Precisely when the 1951 convention inserted the refugee into international law, Hannah Arendt—who had fled to the United States to escape Nazi persecution—situated refugees at the center of political philosophy. In her classic work The Origins of Totalitarianism, published for the first time in English in 1951, Arendt carefully examined the condition of “stateless” people who, in losing their nationality status, were denied the very “right to have rights.” Since then, political philosophers have debated at length the moral obligations sovereign states have toward refugees, discussing whether political communities require closure to preserve the distinctiveness of cultures, or whether it is necessary to rethink the distinction between citizens and aliens as well as the relationship between sovereignty and human rights.

While political philosophy and international relations have been at the forefront of the growing field of refugee studies, history has remained at the fringe of scholarly debate and is often accused of ignoring refugee movements.
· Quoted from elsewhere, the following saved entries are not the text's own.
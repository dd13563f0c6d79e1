-- ===== src/EpollServer/Kept.antt =====
-- The calls of `CEpollServer` keep its chains, its pool and its send threads in order.
use mathlib.Core.Option.{some-injective}
use cmdtran.Common.{
  ℕ, ◌≡◌, refl, sym, ◌∙◌, subst, Bool, true, false, not, ◌&&◌, ◌||◌, Option, none, some, List, [],
  ◌∷◌, ◌++◌, length, arith, Bool-cases, Option-cases, inl, inr, ltb, leb,
}
use cmdtran.Common.Int.{pos}
use cmdtran.Common.Map.{
  find, insert, update, update-IsSorted, insert-IsSorted, find-insert_new, find-insert_ne,
}
use cmdtran.MasterWorkPool.Order.{add_task_lem}
use cmdtran.MemChain.{MemNode, new_node}
use cmdtran.MemChain.Linked.{IsChain, init-IsChain}
use cmdtran.EpollServer.{
  EpollServer, SocketInformation, mem_pool_block_size, send_data, modify_read, enable_read,
  disable_read, new_socket, writable, add_send_task, send_state_allow,
}
use cmdtran.EpollServer.Interface.{Kernel}
use cmdtran.EpollServer.Send.{Outcome, send_data_lem, send_data-unknown}
use cmdtran.EpollServer.Sound.{
  Chains, all_blocks, IsSound, lent-Perm, update-IsSound, kernel-IsSound, all_blocks-update,
}
use cmdtran.EpollServer.Serves.{flag, serves, update-flag}
use cmdtran.RecvDataProc.Calls.{Keeps}
use cmdtran.EpollServer.Chained.{
  put_chain, blocks-append, all_blocks-put, all_blocks-insert, find-put_chain,
}

module _ {K : Type 0} (n : ℕ) where
  abbrev pub Sound : EpollServer K → Type 0
  Sound e = (chains : Chains) × IsSound e n chains

  -- A socket that is new to the server, as the receive task adds it.
  pub insert-Sound :
      (sock : ℕ) (k : K) (e : EpollServer K)
      → find sock e.socket_info ≡ none
      → Sound e
      → Sound (record e { socket_info = insert sock (new_socket sock) e.socket_info; kernel = k })
  insert-Sound sock k e out (chains, v) = (
    put_chain chains sock [],
    record {
      sorted = insert-IsSorted sock (new_socket sock) e.socket_info v.sorted;
      chained =
          find-put_chain chains sock [] e.socket_info (insert sock (new_socket sock) e.socket_info)
            v.chained
            (λ s here.
              subst (λ (s : SocketInformation). IsChain s.output_chain [])
                (some-injective (new_socket sock) s
                  (sym (find-insert_new sock (new_socket sock) e.socket_info v.sorted out) ∙ here))
                init-IsChain)
            (λ j h. find-insert_ne sock j (new_socket sock) e.socket_info h);
      pool = rw (all_blocks-insert chains sock (new_socket sock) e.socket_info out) v.pool;
      threads = v.threads;
    },
  )

  sent-Sound :
      (sock : ℕ) (bytes : List ℕ) (back : Bool) (e : EpollServer K) (chains : Chains)
      (s : SocketInformation) (out : Option (Bool × EpollServer K))
      → IsSound e n chains
      → find sock e.socket_info ≡ some s
      → Outcome n sock
          (length bytes)
          bytes
          back
          e
          (all_blocks chains e.socket_info)
          s
          (chains sock)
          out
      → (done : Bool) × (e' : EpollServer K) × (out ≡ some (done, e'))
        × Sound e'
        × (e'.kernel ≡ e.kernel)
  sent-Sound sock bytes back e chains s out v there (e', inl (returns, refused, full)) = (
    false,
    e',
    returns,
    (
      chains,
      record {
        sorted = rw refused.sockets v.sorted;
        chained = rw refused.sockets v.chained;
        pool = rw refused.sockets refused.pool;
        threads = rw refused.tasks v.threads;
      },
    ),
    refused.same_kernel,
  )
  sent-Sound sock bytes back e chains s out v there (e', inr (returns, taken)) = (
    true,
    e',
    returns,
    (
      put_chain chains sock longer,
      record {
        sorted = rw taken.changed (
            update-IsSorted sock (λ s. record s { output_chain = taken.chain }) e.socket_info
              v.sorted);
        chained =
            find-put_chain chains sock longer e.socket_info e'.socket_info v.chained
              (λ t here.
                subst (λ (t : SocketInformation). IsChain t.output_chain longer)
                  (some-injective _ t (sym taken.at_socket ∙ here)) taken.queued)
              taken.others;
        pool = rw taken.changed (
            rw
              (all_blocks-update (put_chain chains sock longer) sock
                (λ s. record s { output_chain = taken.chain }) e.socket_info)
              (lent-Perm e'.send_data_mem (taken.block ∷ all_blocks chains e.socket_info)
                (all_blocks (put_chain chains sock longer) e.socket_info)
                (all_blocks-put chains sock taken.block s longer e.socket_info v.sorted there (
                  blocks-append (chains sock) s.output_chain.unused taken.block (length bytes)
                    back))
                taken.pool));
        threads = taken.threads;
      },
    ),
    taken.same_kernel,
  )
    where
      longer : List (ℕ × MemNode)
      longer = chains sock ++ (s.output_chain.unused, new_node taken.block (length bytes) back) ∷ []

  -- `SendData` of any bytes to any socket returns.
  pub send_data-Sound :
      (sock : ℕ) (bytes : List ℕ) (back : Bool) (e : EpollServer K)
      → Sound e
      → (done : Bool) × (e' : EpollServer K) × (send_data sock
            (some bytes)
            (pos (length bytes))
            back
            e
          ≡ some (done, e'))
        × Sound e'
        × (e'.kernel ≡ e.kernel)
  unfolding send_data
  send_data-Sound sock bytes back e (chains, v) =
      elim (Bool-cases (leb (length bytes) 0 || ltb mem_pool_block_size (length bytes))) [
        | inl refused ↦ (false, e, rw refused refl, (chains, v), refl)
        | inr fits ↦ elim (Option-cases (find sock e.socket_info)) [
          | inr (s, there) ↦ sent-Sound sock bytes back e chains s _ v there (
              send_data_lem n sock (length bytes) bytes back e (all_blocks chains e.socket_info) s
                (chains sock) (ground arith) (ground arith) there (v.chained sock s there) v.threads
                v.pool)
          | inl out ↦
              let (e', returns, refused) =
                send_data-unknown n sock (length bytes) bytes back e
                  (all_blocks chains e.socket_info) (ground arith) (ground arith) out v.pool in
              (
                false,
                e',
                returns,
                (
                  chains,
                  record {
                    sorted = rw refused.sockets v.sorted;
                    chained = rw refused.sockets v.chained;
                    pool = rw refused.sockets refused.pool;
                    threads = rw refused.tasks v.threads;
                  },
                ),
                refused.same_kernel,
              )
        ]
      ]

  -- The receive task at EPOLLOUT returns.
  pub writable-Sound :
      (sock : ℕ) (e : EpollServer K)
      → Sound e
      → (done : Bool) × (e' : EpollServer K) × (writable sock e ≡ some (done, e'))
        × Sound e'
        × ((j : ℕ) → flag j e' ≡ flag j e)
  unfolding writable add_send_task
  writable-Sound sock e (chains, v) = elim (Option-cases (find sock e.socket_info)) [
    | inl out ↦ (false, e, rw (out, writable) refl, (chains, v), λ j. refl)
    | inr (s, there) ↦
        let (tm, added, ok, _) = add_task_lem n sock sock e.send_thread_manager v.threads in
        let f : SocketInformation → SocketInformation =
          λ s. record s { curr_send_state = send_state_allow } in
        let w = update-IsSound v e.kernel sock f (λ s. refl) in
        (
          true,
          record e { socket_info = update sock f e.socket_info; send_thread_manager = tm },
          rw (there, writable, added) refl,
          (chains, record { sorted = w.sorted; chained = w.chained; pool = w.pool; threads = ok }),
          λ j. update-flag sock j f e.socket_info (λ s. refl),
        )
  ]

module _ (kernel : Kernel) (n : ℕ) where
  open kernel use {State}

  modify_read-Sound :
      (sock : ℕ) (enable : Bool) (e : EpollServer State)
      → Sound n e
      → Sound n (modify_read kernel sock enable e).1
  unfolding modify_read
  modify_read-Sound sock enable e (chains, v) = elim (Option-cases (find sock e.socket_info)) [
    | inl out ↦ rw (out, modify_read) (chains, v)
    | inr (s, there) ↦
        elim (Bool-cases ((enable && s.enable_read) || (not enable && not s.enable_read))) [
          | inl same ↦ rw (there, modify_read, same) (chains, v)
          | inr other ↦
              rw (there, modify_read, other)
                (
                  chains,
                  update-IsSound v _ sock (λ s. record s { enable_read = enable }) (λ s. refl),
                )
        ]
  ]

  modify_read_kernel :
      (sock : ℕ) (enable : Bool) (e : EpollServer State) (Q : State → Type 0)
      → ((k : ℕ) (b : Bool) (s : State) → Q s → Q (kernel.epoll_ctl_mod k b s).1)
      → Q e.kernel
      → Q (modify_read kernel sock enable e).1.kernel
  unfolding modify_read
  modify_read_kernel sock enable e Q control q = elim (Option-cases (find sock e.socket_info)) [
    | inl out ↦ rw (out, modify_read) q
    | inr (s, there) ↦
        elim (Bool-cases ((enable && s.enable_read) || (not enable && not s.enable_read))) [
          | inl same ↦ rw (there, modify_read, same) q
          | inr other ↦ rw (there, modify_read, other) (control sock enable e.kernel q)
        ]
  ]

  -- The calls that `CRecvDataProc` makes keep the server in order, and a bound on what stands for a
  -- socket in the kernel, where the system calls do.
  pub serves-Keeps :
      (close : ℕ → State → State) (Q : State → Type 0)
      → ((k : ℕ) (b : Bool) (s : State) → Q s → Q (kernel.epoll_ctl_mod k b s).1)
      → ((k : ℕ) (s : State) → Q s → Q (close k s))
      → Keeps (serves kernel close) (λ e. Sound n e × Q e.kernel)
  unfolding enable_read disable_read
  serves-Keeps close Q control closing = record {
    keeps_send = λ k bytes back e (ok, q).
        let (done, e', returns, ok', same) = send_data-Sound n k bytes back e ok in
        rw returns (ok', rw same q);
    keeps_enable =
        λ k e (ok, q). (modify_read-Sound k true e ok, modify_read_kernel k true e Q control q);
    keeps_disable =
        λ k e (ok, q). (modify_read-Sound k false e ok, modify_read_kernel k false e Q control q);
    keeps_close =
        λ k e (ok, q). ((ok.0, kernel-IsSound ok.1 (close k e.kernel)), closing k e.kernel q);
  }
As a result, refugee studies has largely developed as an ahistorical field that lacks a historical understanding of the many questions it confronts. In reality, our epoch is not the first to struggle with how to define the status of the refugee or how to treat and manage refugee flows. Refugees shaped European and global history well before the modern age; it was only that the “methodological nationalism” of nineteenth-and twentieth-century historians and social scientists failed to see it. In fact, the term “refugee” appears in English in the late seventeenth century as a translation from the French fugié, to indicate the Huguenots who had been expelled from France after the revocation of the Edict of Nantes in 1685. Already in the previous century the Reformation had provoked a long-term process of religious migration, forcing Christian, Jewish and Muslim minorities to flee and relocate to escape persecution.

My forthcoming book, The Refugee-Diplomat. Venice, England and the Reformation, opens a new chapter in the historical study of refugees by recovering the agency of refugees in early modern diplomacy and showing that even as they were forced into exile they also contributed to shaping the new emerging system of international relations. During the early modern period, when diplomatic practices were not yet uniform or standardized, religious refugees served many different diplomatic functions and were employed as intelligencers, cultural brokers, translators, propagandists, and, at times, even as representatives and negotiators. As I show with a series of case studies, refugees were not merely intermediaries between states or carriers of information for their patrons. On the contrary, in early modern Europe they functioned as a parallel and alternative diplomatic network outside of formal channels, reproducing the authority of states while also subverting it “through their appropriation of diplomatic practices for their own purposes.”

 

Diego Pirillo is Associate Professor of Italian Studies at UC Berkeley. He specializes in the cultural and intellectual history of early modern Europe and the Atlantic world, with an emphasis on Italy, England and early America.